Estados Unidos apuntaló los esfuerzos regionales para resolver los conflictos internos, fortalecer el imperio de la ley, proteger los derechos humanos y promover los derechos de los trabajadores. El Programa estadounidense de Paz en Colombia fue desarrollado en 2004 en respuesta a los esfuerzos del gobierno para ampliar las negociaciones de paz con los grupos armados ilegales.

Estados Unidos estableció centros de coexistencia pacífica en siete municipalidades colombianas plagadas por el conflicto. Estados Unidos asistió también las gestiones del gobierno para reformar los códigos y procedimientos judiciales en toda la región, lo que resultó en mayor eficacia y acceso a la justicia.

Estados Unidos coordinó proyectos en la región para fortalecer los sistemas y mercados laborales mediante el fomento de la libertad de asociación, la negociación colectiva y la protección de normas laborales esenciales. Al abordar la trata de personas, los esfuerzos estadounidenses fueron a menudo regionales, reflejando el hecho de que la trata de personas es un problema que por definición se extiende más allá de las fronteras nacionales.

Las gestiones contra la trata de personas financiadas por Estados Unidos fueron particularmente robustas en Brasil, Perú, Guatemala, República Dominicana y Honduras. La lucha contra el trabajo infantil muchas veces procede de acuerdo con la lucha contra la trata de personas, puesto que los niños son frecuentemente víctimas de la explotación en ambas situaciones.

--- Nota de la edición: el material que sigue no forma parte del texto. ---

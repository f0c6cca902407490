-- ===== src/Runner/Safety.antt =====
-- src/venues/runner.cc: what holds of a runner whatever the network does.
use home_assignment.Common.{
  ℕ, ◌+◌, ◌≡◌, refl, ◌∙◌, Bool, true, false, ◌||◌, List, [], ◌∷◌, if◌then◌else◌,
}
use home_assignment.Retry.{RateBudget}
use home_assignment.Venues.{FeedUpdate}
use home_assignment.Runner.{
  VenueState, disconnected, is_live, Protocol, Effect, opens, resets, fails_fatally, stops, pushes,
  refuses, schedules, VenueRunner, Answers, set_state, mark_healthy, arm_watchdog,
  schedule_reconnect, on_close, tell, close_connection, connect, opening, with_token,
  fetch_snapshot, resync, publish, live_if_synced,
}

abbrev pub is_down : VenueState → Bool
is_down disconnected = true
is_down _ = false

-- A fatal verdict, or Stop, is among the effects.
abbrev pub ended : List Effect → Bool
ended [] = false
ended (fails_fatally ∷ log) = true
ended (stops ∷ log) = true
ended (_ ∷ log) = ended log

-- No batch was refused since the protocol was last reset.
abbrev pub is_whole : List Effect → Bool
is_whole [] = true
is_whole (resets ∷ log) = true
is_whole (refuses batch ∷ log) = false
is_whole (_ ∷ log) = is_whole log

-- A connection is opened, and a reconnect scheduled, only before the end; a batch is pushed only
-- when none was refused since the last reset.
abbrev pub IsSound : List Effect → Type 0
IsSound [] = Unit
IsSound (opens generation ∷ log) = (ended log ≡ false) × IsSound log
IsSound (schedules wait ∷ log) = (ended log ≡ false) × IsSound log
IsSound (pushes batch ∷ log) = (is_whole log ≡ true) × IsSound log
IsSound (_ ∷ log) = IsSound log

pub record Facts (on down synced waits end stopping failed : Bool) : Type 0 where
  pub live_synced : on ≡ true → synced ≡ true
  pub down_waits : down ≡ true → end ≡ false → waits ≡ true
  pub end_known : end ≡ (stopping || failed)

module _ (p : Protocol) where
  abbrev pub FactsAt : VenueRunner p.State → Type 0
  FactsAt r =
      Facts (is_live r.state) (is_down r.state) (p.synced r.protocol) r.reconnect_waits
        (ended r.log) r.stopping r.failed

  -- What every handler keeps, and the part of it that holds while a handler runs.
  abbrev pub Inv : VenueRunner p.State → Type 0
  Inv r = FactsAt r × ((is_whole r.log ≡ true) × IsSound r.log)

  abbrev pub Base : VenueRunner p.State → Type 0
  Base r = (ended r.log ≡ (r.stopping || r.failed)) × (is_whole r.log ≡ true) × IsSound r.log

  pub if-Inv :
      (b : Bool) (x y : VenueRunner p.State)
      → (b ≡ true → Inv x)
      → (b ≡ false → Inv y)
      → Inv (if b then x else y)
  if-Inv true x y h k = h refl
  if-Inv false x y h k = k refl

  module _ (draw : ℕ → ℕ → ℕ) where
    -- A reconnect is scheduled, or the runner has ended.
    pub schedule_reconnect-Inv :
        (r : VenueRunner p.State)
        → (is_live r.state ≡ true → p.synced r.protocol ≡ true)
        → Base r
        → Inv (schedule_reconnect p draw r)
    unfolding schedule_reconnect
    schedule_reconnect-Inv r l (e, w, s) =
        if-Inv (r.stopping || r.failed) _ _
          (λ over. (
            record {
              live_synced = l;
              down_waits = λ d still. absurd (cc (e, over, still));
              end_known = e;
            },
            (w, s),
          ))
          (λ on. (
            record { live_synced = l; down_waits = λ d still. refl; end_known = e },
            (w, (e ∙ on, s)),
          ))

    pub on_close-Inv : (r : VenueRunner p.State) → Base r → Inv (on_close p draw r)
    unfolding on_close set_state
    on_close-Inv r (e, w, s) =
        if-Inv (r.stopping || r.failed) _ _
          (λ over. (
            record {
              live_synced = λ h. absurd (cc h);
              down_waits = λ d still. absurd (cc (e, over, still));
              end_known = e;
            },
            (w, s),
          ))
          (λ on.
            schedule_reconnect-Inv (record r { state = disconnected }) (λ h. absurd (cc h))
              (e, w, s))

    pub base : (r : VenueRunner p.State) → Inv r → Base r
    base r (f, (w, s)) = (f.end_known, w, s)

    tell-Inv : (a : Answers) (r : VenueRunner p.State) → Inv r → Inv (tell p draw a r)
    tell-Inv a r v = if-Inv a.tells _ _ (λ h. on_close-Inv r (base r v)) (λ h. v)

    pub close_connection-Inv :
        (a : Answers) (r : VenueRunner p.State) → Inv r → Inv (close_connection p draw a r)
    unfolding close_connection
    close_connection-Inv a r v = if-Inv r.connected _ _ (λ h. tell-Inv a _ v) (λ h. v)

    pub arm_watchdog-Inv : (r : VenueRunner p.State) → Inv r → Inv (arm_watchdog r)
    unfolding arm_watchdog
    arm_watchdog-Inv r v = if-Inv r.stopping _ _ (λ h. v) (λ h. v)

    pub connect-Inv :
        (a : Answers) (r : VenueRunner p.State)
        → (r.stopping || r.failed ≡ true → Inv r)
        → Base r
        → Inv (connect p draw a r)
    unfolding connect
    connect-Inv a r v (e, w, s) = if-Inv (r.stopping || r.failed) _ _ v (λ on. arm_watchdog-Inv _ (
        tell-Inv a (opening p draw r) (
          record {
            live_synced = λ h. absurd (cc h);
            down_waits = λ d. absurd (cc d);
            end_known = e;
          },
          (refl, (e ∙ on, s)),
        )))

    with_token-Inv :
        (token : RateBudget × Bool) (r : VenueRunner p.State)
        → Inv r
        → Inv (with_token p draw token r)
    with_token-Inv (budget, true) r v = v
    with_token-Inv (budget, false) r v = schedule_reconnect-Inv _ v.0.live_synced (base r v)

    pub fetch_snapshot-Inv :
        (a : Answers) (r : VenueRunner p.State) → Inv r → Inv (fetch_snapshot p draw a r)
    unfolding fetch_snapshot
    fetch_snapshot-Inv a r v = if-Inv r.stopping _ _ (λ h. v) (λ h. with_token-Inv _ r v)

    -- A resync needs nothing of the protocol or of the batches before it.
    pub resync-Inv :
        (a : Answers) (r : VenueRunner p.State)
        → ended r.log ≡ (r.stopping || r.failed)
        → IsSound r.log
        → Inv (resync p draw a r)
    unfolding resync
    resync-Inv a r e s =
        let f : Facts false false (p.synced (p.reset r.protocol)) r.reconnect_waits (ended r.log)
            r.stopping r.failed =
          record {
            live_synced = λ h. absurd (cc h);
            down_waits = λ d. absurd (cc d);
            end_known = e;
          } in
        if-Inv p.needs_rest_snapshot _ _ (λ h. fetch_snapshot-Inv a _ (f, (refl, s)))
          (λ h. close_connection-Inv a _ (f, (refl, s)))

    pub publish-Inv :
        (a : Answers) (out : List FeedUpdate) (r : VenueRunner p.State)
        → Inv r
        → Inv (publish p draw a out r)
    unfolding publish
    publish-Inv a [] r v = v
    publish-Inv a (u ∷ us) r (f, (w, s)) =
        if-Inv a.room _ _ (λ h. (f, (w, (w, s))))
          (λ h.
            resync-Inv a
              (record r { ring_overflows = r.ring_overflows + 1; log = refuses (u ∷ us) ∷ r.log })
              f.end_known s)

    pub live_if_synced-Inv : (r : VenueRunner p.State) → Inv r → Inv (live_if_synced p draw r)
    unfolding set_state mark_healthy
    live_if_synced-Inv r (f, (w, s)) =
        if-Inv (p.synced r.protocol) _ _
          (λ h. (
            record {
              live_synced = λ l. h;
              down_waits = λ d. absurd (cc d);
              end_known = f.end_known;
            },
            (w, s),
          ))
          (λ h. (f, (w, s)))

Con el fin de abordar esta amenaza conjunta, Estados Unidos apoya proyectos concebidos para aumentar la conciencia y reducir los casos de trata de personas y trabajo infantil en la región.

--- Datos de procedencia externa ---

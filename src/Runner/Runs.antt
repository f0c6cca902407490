-- ===== src/Runner/Runs.antt =====
-- src/venues/runner.cc: the handlers keep the invariant, so it holds of every run.
use home_assignment.Common.{
  ℕ, ◌+◌, ◌≡◌, refl, ◌∙◌, Bool, true, false, not, ◌||◌, List, [], ◌∷◌, ◌==◌, arith,
}
use home_assignment.Common.Int.{ℤ, pos, ◌-ℤ◌, eq_ℤ, leb_ℤ}
use home_assignment.Venues.{FeedUpdate, FrameVerdict, ok, needs_resync, parse_error, fatal}
use home_assignment.Runner.{
  syncing, stale, is_live, Protocol, ProtocolLaws, Options, VenueRunner, Answers, set_state,
  closed_by, send_all, on_open, after_snapshot, on_snapshot, note_exchange, frame_updates,
  after_frame, on_frame, on_watchdog, on_reconnect, stop, halt, Event, opened, frame_comes, closed,
  snapshot_comes, watchdog_ends, reconnect_ends, stop_called, stop_runs, step, run, new_runner,
  start,
}
use home_assignment.Runner.Safety.{
  is_down, IsSound, Inv, Base, if-Inv, base, on_close-Inv, close_connection-Inv, arm_watchdog-Inv,
  connect-Inv, fetch_snapshot-Inv, resync-Inv, publish-Inv, live_if_synced-Inv,
}

module _ (p : Protocol) (draw : ℕ → ℕ → ℕ) where
  send_all-Inv :
      (frames : List (List ℕ)) (r : VenueRunner p.State)
      → Inv p r
      → Inv p (send_all p draw frames r)
  send_all-Inv [] r v = v
  send_all-Inv (frame ∷ frames) r v = send_all-Inv frames _ v

  on_open-Inv : (a : Answers) (r : VenueRunner p.State) → Inv p r → Inv p (on_open p draw a r)
  unfolding on_open set_state
  on_open-Inv a r (f, ws) =
      let subscribed = send_all-Inv p.subscribe_frames (set_state syncing r) (
        record {
          live_synced = λ h. absurd (cc h);
          down_waits = λ d. absurd (cc d);
          end_known = f.end_known;
        },
        ws,
      ) in
      if-Inv p p.needs_rest_snapshot _ _ (λ h. fetch_snapshot-Inv p draw a _ subscribed)
        (λ h. subscribed)

  after_snapshot-Inv :
      (a : Answers) (verdict : FrameVerdict) (out : List FeedUpdate) (r : VenueRunner p.State)
      → (verdict ≡ ok → Inv p r)
      → Base p r
      → Inv p (after_snapshot p draw a verdict out r)
  after_snapshot-Inv a ok out r v b =
      live_if_synced-Inv p draw _ (publish-Inv p draw a out r (v refl))
  after_snapshot-Inv a needs_resync out r v (e, w, s) = resync-Inv p draw a r e s
  after_snapshot-Inv a parse_error out r v (e, w, s) = resync-Inv p draw a r e s
  after_snapshot-Inv a fatal out r v (e, w, s) = resync-Inv p draw a r e s

  note_exchange-Inv :
      (ts : ℤ) (r : VenueRunner p.State) → Inv p r → Inv p (note_exchange p draw ts r)
  note_exchange-Inv ts r v = if-Inv p (not (eq_ℤ ts (pos 0))) _ _ (λ h. v) (λ h. v)

  frame_updates-Inv :
      (a : Answers) (out : List FeedUpdate) (r : VenueRunner p.State)
      → Inv p r
      → Inv p (frame_updates p draw a out r)
  frame_updates-Inv a [] r v = v
  frame_updates-Inv a (u ∷ us) r v =
      live_if_synced-Inv p draw _ (publish-Inv p draw a (u ∷ us) _ (note_exchange-Inv _ r v))

  after_frame-Inv :
      (a : Answers) (verdict : FrameVerdict) (out : List FeedUpdate) (r : VenueRunner p.State)
      → (verdict ≡ ok → Inv p r)
      → Base p r
      → Inv p (after_frame p draw a verdict out r)
  after_frame-Inv a ok out r v b = frame_updates-Inv a out r (v refl)
  after_frame-Inv a needs_resync out r v (e, w, s) =
      resync-Inv p draw a (record r { sequence_gaps = r.sequence_gaps + 1 }) e s
  after_frame-Inv a parse_error out r v (e, w, s) =
      resync-Inv p draw a (record r { parse_errors = r.parse_errors + 1 }) e s
  after_frame-Inv a fatal out r v (e, w, s) = close_connection-Inv p draw a _ (
    record {
      live_synced = λ h. absurd (cc h);
      down_waits = λ d still. absurd (cc still);
      end_known = ground (arith);
    },
    (w, s),
  )

  on_watchdog-Inv :
      (a : Answers) (cancelled : Bool) (r : VenueRunner p.State)
      → Inv p r
      → Inv p (on_watchdog p draw a cancelled r)
  unfolding on_watchdog set_state
  on_watchdog-Inv a cancelled r (f, ws) =
      if-Inv p (cancelled || r.stopping || r.failed) _ _ (λ h. (f, ws))
        (λ h.
          if-Inv p (leb_ℤ r.silence_timeout (a.now -ℤ r.last_activity)) _ _
            (λ silent.
              close_connection-Inv p draw a (record r { watchdog_waits = false; state = stale })
                (
                  record {
                    live_synced = λ h. absurd (cc h);
                    down_waits = λ d. absurd (cc d);
                    end_known = f.end_known;
                  },
                  ws,
                ))
            (λ active. arm_watchdog-Inv p draw _ (f, ws)))

  -- The timer's wait is over, and unless the runner has ended the state is down no more.
  on_reconnect-Inv :
      (a : Answers) (r : VenueRunner p.State) → Inv p r → Inv p (on_reconnect p draw a r)
  unfolding on_reconnect
  on_reconnect-Inv a r (f, (w, s)) =
      if-Inv p (not r.reconnect_waits || r.stopping) _ _ (λ h. (f, (w, s)))
        (λ h.
          connect-Inv p draw a (record r { reconnect_waits = false })
            (λ over. (
              record {
                live_synced = f.live_synced;
                down_waits = λ d still. absurd (cc (f.end_known, over, still));
                end_known = f.end_known;
              },
              (w, s),
            ))
            (f.end_known, w, s))

  stop-Inv : (r : VenueRunner p.State) → Inv p r → Inv p (stop p draw r)
  unfolding stop
  stop-Inv r (f, ws) =
      if-Inv p r.stopping _ _ (λ h. (f, ws))
        (λ h. (
          record {
            live_synced = f.live_synced;
            down_waits = λ d still. absurd (cc still);
            end_known = refl;
          },
          ws,
        ))

  -- The handler that Stop posts runs after the end.
  halt-Inv :
      (a : Answers) (r : VenueRunner p.State)
      → r.stopping ≡ true
      → Inv p r
      → Inv p (halt p draw a r)
  unfolding halt
  halt-Inv a r stopped (f, ws) =
      close_connection-Inv p draw a (record r { reconnect_waits = false; watchdog_waits = false })
        (
          record {
            live_synced = f.live_synced;
            down_waits = λ d still. absurd (ground (arith, f.end_known, stopped, still));
            end_known = f.end_known;
          },
          ws,
        )

  module _ (laws : ProtocolLaws p) where
    on_snapshot-Inv :
        (a : Answers) (succeeded : Bool) (body : List ℕ) (r : VenueRunner p.State)
        → Inv p r
        → Inv p (on_snapshot p draw a succeeded body r)
    unfolding on_snapshot
    on_snapshot-Inv a succeeded body r (f, (w, s)) =
        if-Inv p r.stopping _ _ (λ h. (f, (w, s)))
          (λ h.
            if-Inv p (not succeeded) _ _ (λ h. on_close-Inv p draw r (f.end_known, w, s))
              (λ h.
                after_snapshot-Inv a _ _ _
                  (λ verdict. (
                    record {
                      live_synced = λ l.
                          laws.on_rest_snapshot-synced r.protocol body a.now verdict
                            (f.live_synced l);
                      down_waits = f.down_waits;
                      end_known = f.end_known;
                    },
                    (w, s),
                  ))
                  (f.end_known, w, s)))

    on_frame-Inv :
        (a : Answers) (frame : List ℕ) (r : VenueRunner p.State)
        → Inv p r
        → Inv p (on_frame p draw a frame r)
    unfolding on_frame
    on_frame-Inv a frame r (f, (w, s)) =
        after_frame-Inv a _ _ _
          (λ verdict. (
            record {
              live_synced =
                  λ l. laws.on_frame-synced r.protocol frame a.now verdict (f.live_synced l);
              down_waits = f.down_waits;
              end_known = f.end_known;
            },
            (w, s),
          ))
          (f.end_known, w, s)

    step-Inv :
        (e : Event) (a : Answers) (r : VenueRunner p.State) → Inv p r → Inv p (step p draw e a r)
    unfolding step closed_by
    step-Inv opened a r v = on_open-Inv a r v
    step-Inv (frame_comes frame) a r v = on_frame-Inv a frame r v
    step-Inv (closed generation) a r v =
        if-Inv p (generation == r.reconnect_generation) _ _
          (λ h. on_close-Inv p draw r (base p draw r v)) (λ h. v)
    step-Inv (snapshot_comes succeeded body) a r v = on_snapshot-Inv a succeeded body r v
    step-Inv (watchdog_ends cancelled) a r v = on_watchdog-Inv a cancelled r v
    step-Inv reconnect_ends a r v = on_reconnect-Inv a r v
    step-Inv stop_called a r v = stop-Inv r v
    step-Inv stop_runs a r v = if-Inv p r.stopping _ _ (λ h. halt-Inv a r h v) (λ h. v)

    run-Inv :
        (es : List (Event × Answers)) (r : VenueRunner p.State) → Inv p r → Inv p (run p draw es r)
    unfolding run
    run-Inv [] r v = v
    run-Inv ((e, a) ∷ es) r v = run-Inv es _ (step-Inv e a r v)

    start-Inv : (options : Options) (a : Answers) (s : p.State) → Inv p (start p draw options a s)
    unfolding start new_runner
    start-Inv options a s =
        connect-Inv p draw a (new_runner options a.now s) (λ h. absurd (cc h)) (refl, refl, tt)

    -- From Start on, whatever the network, the ring, the clock and the REST client answer, and in
    -- whatever order: no connection is opened and no reconnect scheduled after a fatal verdict or
    -- after Stop, and once the ring has refused a batch no batch is pushed before the protocol is
    -- reset.
    pub run-IsSound :
        (options : Options) (a : Answers) (s : p.State) (es : List (Event × Answers))
        → IsSound (run p draw es (start p draw options a s)).log
    run-IsSound options a s es = (run-Inv es _ (start-Inv options a s)).1.1

    -- After any events from Start on, a venue that is reported live has a protocol that is
    -- synchronised.
    pub run-live :
        (options : Options) (a : Answers) (s : p.State) (es : List (Event × Answers))
        → is_live (run p draw es (start p draw options a s)).state ≡ true
        → p.synced (run p draw es (start p draw options a s)).protocol ≡ true
    run-live options a s es on = (run-Inv es _ (start-Inv options a s)).0.live_synced on

    -- After any events from Start on, a venue that is reported disconnected waits for a reconnect,
    -- unless Stop was called or a verdict was fatal.
    pub run-waits :
        (options : Options) (a : Answers) (s : p.State) (es : List (Event × Answers))
        → is_down (run p draw es (start p draw options a s)).state ≡ true
        → (run p draw es (start p draw options a s)).stopping
            || (run p draw es (start p draw options a s)).failed
          ≡ false
        → (run p draw es (start p draw options a s)).reconnect_waits ≡ true
    run-waits options a s es down on =
        let f = (run-Inv es _ (start-Inv options a s)).0 in f.down_waits down (f.end_known ∙ on)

El fortalecimiento de los partidos políticos en América Latina

En las décadas recientes América Latina ha experimentado una ola de democratización a medida que la región se aleja de las dictaduras del pasado. Sin embargo, el proceso democrático sigue siendo frágil. Muchos ciudadanos en América Latina consideran que los partidos políticos no están al corriente del pueblo, se dejan guiar por los intereses de la élite, están plagados por la corrupción y son incapaces de cumplir sus promesas o de demostrar liderazgo. Para contrarrestar estas preocupaciones, el Instituto Nacional Democrático (NDI) ha emprendido un proyecto cuyo propósito es rejuvenecer y fortalecer los partidos políticos en Argentina, Bolivia y Perú.

El NDI, utilizando una metodología interactiva y de participación que enseña "mejores prácticas" para la gobernabilidad democrática, ofreció en febrero talleres regionales en los que participaron 18 representantes de organizaciones que se especializan en capacitar a partidos políticos. La iniciativa del NDI, financiada por Estados Unidos, pidió a cada participante que elaborara y pusiera en práctica un proyecto que mejorara entre sus clientes la democracia interna, la transparencia y la divulgación al electorado. Si bien este proyecto enfrentó objeciones en Bolivia -- lo cual alude a la necesidad de redoblar los esfuerzos de revitalización de los partidos políticos en ese país -- la iniciativa tuvo un éxito visible en Argentina y Perú.

Los participantes se tomaron el modelo de "capacitación del capacitador" a pecho y adaptaron el programa del NDI para uso local. En las sesiones del seminario el NDI proporcionó metodologías y materiales de capacitación para ayudar a los participantes a llevar a cabo sus proyectos, entre los que figuraron la instrucción sobre resolución de problemas políticos, la provisión de recomendaciones acertadas sobre políticas y las actividades de divulgación a la juventud. Como un recurso más para los reformadores de partidos políticos, el NDI publicó en su sitio web una serie de estudios de caso, en español, que representan mejores prácticas que han tenido gran éxito.